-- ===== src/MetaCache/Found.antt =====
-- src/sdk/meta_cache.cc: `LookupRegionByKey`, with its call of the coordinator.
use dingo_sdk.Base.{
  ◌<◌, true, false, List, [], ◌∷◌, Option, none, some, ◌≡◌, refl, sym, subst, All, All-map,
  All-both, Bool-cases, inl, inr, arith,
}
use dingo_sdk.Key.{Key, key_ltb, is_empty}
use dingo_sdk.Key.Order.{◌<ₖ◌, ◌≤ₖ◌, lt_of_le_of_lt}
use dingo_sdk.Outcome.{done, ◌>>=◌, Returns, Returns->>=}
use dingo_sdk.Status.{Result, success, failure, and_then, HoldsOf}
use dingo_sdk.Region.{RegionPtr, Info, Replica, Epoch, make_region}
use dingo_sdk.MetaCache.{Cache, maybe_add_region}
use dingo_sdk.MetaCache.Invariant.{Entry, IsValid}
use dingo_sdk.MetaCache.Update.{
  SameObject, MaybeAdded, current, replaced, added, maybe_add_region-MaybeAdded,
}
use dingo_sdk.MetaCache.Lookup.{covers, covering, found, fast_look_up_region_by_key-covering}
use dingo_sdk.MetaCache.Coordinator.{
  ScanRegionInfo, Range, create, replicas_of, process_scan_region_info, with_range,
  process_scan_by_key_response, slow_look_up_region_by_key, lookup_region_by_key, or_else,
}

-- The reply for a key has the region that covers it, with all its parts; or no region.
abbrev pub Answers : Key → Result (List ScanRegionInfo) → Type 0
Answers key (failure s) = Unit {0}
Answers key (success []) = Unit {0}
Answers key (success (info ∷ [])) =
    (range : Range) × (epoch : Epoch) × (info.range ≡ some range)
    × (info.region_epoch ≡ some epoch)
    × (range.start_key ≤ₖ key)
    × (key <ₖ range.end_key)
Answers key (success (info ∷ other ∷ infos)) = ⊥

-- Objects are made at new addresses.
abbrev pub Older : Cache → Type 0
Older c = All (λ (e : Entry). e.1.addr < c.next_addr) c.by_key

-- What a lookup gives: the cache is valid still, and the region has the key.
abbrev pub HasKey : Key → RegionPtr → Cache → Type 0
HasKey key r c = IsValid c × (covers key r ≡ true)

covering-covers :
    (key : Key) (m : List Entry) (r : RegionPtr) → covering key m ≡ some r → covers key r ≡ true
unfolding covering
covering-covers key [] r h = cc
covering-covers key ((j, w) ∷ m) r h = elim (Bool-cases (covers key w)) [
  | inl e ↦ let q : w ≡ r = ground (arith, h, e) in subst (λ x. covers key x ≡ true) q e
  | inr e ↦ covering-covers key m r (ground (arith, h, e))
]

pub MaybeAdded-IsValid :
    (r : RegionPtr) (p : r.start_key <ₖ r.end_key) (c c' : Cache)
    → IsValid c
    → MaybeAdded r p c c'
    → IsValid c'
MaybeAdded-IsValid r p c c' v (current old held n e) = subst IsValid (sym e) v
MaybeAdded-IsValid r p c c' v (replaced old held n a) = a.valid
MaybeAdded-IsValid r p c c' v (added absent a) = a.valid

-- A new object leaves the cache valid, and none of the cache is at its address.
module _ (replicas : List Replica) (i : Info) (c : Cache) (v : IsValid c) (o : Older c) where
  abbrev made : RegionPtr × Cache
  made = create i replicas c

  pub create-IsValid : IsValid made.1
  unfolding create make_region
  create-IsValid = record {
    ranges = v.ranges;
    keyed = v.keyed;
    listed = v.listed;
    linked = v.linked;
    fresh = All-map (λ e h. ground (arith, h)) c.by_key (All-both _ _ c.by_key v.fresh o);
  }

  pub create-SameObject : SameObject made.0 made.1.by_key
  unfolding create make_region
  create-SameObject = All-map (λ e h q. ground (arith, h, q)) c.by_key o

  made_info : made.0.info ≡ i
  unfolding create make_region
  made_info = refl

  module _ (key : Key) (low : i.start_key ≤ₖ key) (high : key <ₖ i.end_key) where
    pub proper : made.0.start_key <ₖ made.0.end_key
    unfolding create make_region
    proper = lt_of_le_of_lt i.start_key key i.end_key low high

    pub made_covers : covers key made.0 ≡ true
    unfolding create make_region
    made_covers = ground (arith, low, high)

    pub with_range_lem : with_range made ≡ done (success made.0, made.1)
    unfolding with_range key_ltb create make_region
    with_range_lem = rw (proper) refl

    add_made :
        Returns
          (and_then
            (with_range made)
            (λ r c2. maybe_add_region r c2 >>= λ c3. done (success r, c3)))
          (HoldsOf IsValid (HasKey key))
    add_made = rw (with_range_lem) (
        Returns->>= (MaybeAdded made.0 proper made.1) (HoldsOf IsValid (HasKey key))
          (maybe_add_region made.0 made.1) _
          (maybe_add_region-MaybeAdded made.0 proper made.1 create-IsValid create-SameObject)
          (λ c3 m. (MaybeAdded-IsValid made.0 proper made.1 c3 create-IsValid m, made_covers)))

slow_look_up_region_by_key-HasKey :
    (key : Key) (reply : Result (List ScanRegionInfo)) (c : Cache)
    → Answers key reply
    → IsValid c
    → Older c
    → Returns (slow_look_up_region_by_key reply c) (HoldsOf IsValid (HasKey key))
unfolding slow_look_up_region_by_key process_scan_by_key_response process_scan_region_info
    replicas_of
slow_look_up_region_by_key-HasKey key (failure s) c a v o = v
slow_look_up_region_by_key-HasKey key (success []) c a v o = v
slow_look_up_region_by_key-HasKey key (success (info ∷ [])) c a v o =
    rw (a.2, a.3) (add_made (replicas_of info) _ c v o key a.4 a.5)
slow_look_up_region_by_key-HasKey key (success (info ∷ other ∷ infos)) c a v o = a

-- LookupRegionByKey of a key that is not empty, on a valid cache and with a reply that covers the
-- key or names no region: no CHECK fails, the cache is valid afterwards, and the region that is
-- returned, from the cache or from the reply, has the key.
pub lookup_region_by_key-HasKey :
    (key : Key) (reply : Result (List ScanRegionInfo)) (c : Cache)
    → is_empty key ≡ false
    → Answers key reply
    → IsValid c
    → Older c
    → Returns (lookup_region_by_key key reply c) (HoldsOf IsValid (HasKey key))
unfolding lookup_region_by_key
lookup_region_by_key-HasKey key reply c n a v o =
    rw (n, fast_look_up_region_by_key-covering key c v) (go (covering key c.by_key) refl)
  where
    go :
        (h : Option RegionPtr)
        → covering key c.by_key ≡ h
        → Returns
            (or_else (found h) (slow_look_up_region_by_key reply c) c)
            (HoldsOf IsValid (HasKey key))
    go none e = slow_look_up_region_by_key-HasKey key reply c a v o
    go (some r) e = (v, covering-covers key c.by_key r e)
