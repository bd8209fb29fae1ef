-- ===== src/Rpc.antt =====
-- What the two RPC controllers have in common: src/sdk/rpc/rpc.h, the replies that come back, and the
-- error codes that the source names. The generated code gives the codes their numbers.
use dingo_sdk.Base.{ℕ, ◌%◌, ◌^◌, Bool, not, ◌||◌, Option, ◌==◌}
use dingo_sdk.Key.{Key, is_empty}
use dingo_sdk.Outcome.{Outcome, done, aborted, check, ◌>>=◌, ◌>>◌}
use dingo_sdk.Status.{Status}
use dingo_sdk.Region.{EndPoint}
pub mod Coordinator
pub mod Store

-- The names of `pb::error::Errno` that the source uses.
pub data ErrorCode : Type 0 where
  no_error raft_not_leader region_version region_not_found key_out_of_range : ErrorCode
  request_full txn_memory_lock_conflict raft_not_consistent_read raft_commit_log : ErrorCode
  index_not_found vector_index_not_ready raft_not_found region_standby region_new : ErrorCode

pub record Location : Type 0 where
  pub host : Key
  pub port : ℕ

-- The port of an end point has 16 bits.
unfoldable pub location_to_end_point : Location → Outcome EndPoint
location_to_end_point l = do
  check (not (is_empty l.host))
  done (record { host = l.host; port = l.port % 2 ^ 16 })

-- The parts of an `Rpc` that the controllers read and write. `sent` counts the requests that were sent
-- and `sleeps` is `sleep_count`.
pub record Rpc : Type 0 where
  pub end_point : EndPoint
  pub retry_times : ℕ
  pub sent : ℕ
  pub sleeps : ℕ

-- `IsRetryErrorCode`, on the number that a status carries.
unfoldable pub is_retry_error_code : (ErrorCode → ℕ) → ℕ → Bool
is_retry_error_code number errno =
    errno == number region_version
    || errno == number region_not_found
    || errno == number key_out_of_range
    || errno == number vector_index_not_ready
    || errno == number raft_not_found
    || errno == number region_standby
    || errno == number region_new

· · · ·

YOUR GOAL: Retype exactly, please, each line from the line that contains "location_to_end_point l = do" through the last line of the entries above, with nothing added.

EXERCISE RESULT:
location_to_end_point l = do
  check (not (is_empty l.host))
  done (record { host = l.host; port = l.port % 2 ^ 16 })

-- The parts of an `Rpc` that the controllers read and write. `sent` counts the requests that were sent
-- and `sleeps` is `sleep_count`.
pub record Rpc : Type 0 where
  pub end_point : EndPoint
  pub retry_times : ℕ
  pub sent : ℕ
  pub sleeps : ℕ

-- `IsRetryErrorCode`, on the number that a status carries.
unfoldable pub is_retry_error_code : (ErrorCode → ℕ) → ℕ → Bool
is_retry_error_code number errno =
    errno == number region_version
    || errno == number region_not_found
    || errno == number key_out_of_range
    || errno == number vector_index_not_ready
    || errno == number raft_not_found
    || errno == number region_standby
    || errno == number region_new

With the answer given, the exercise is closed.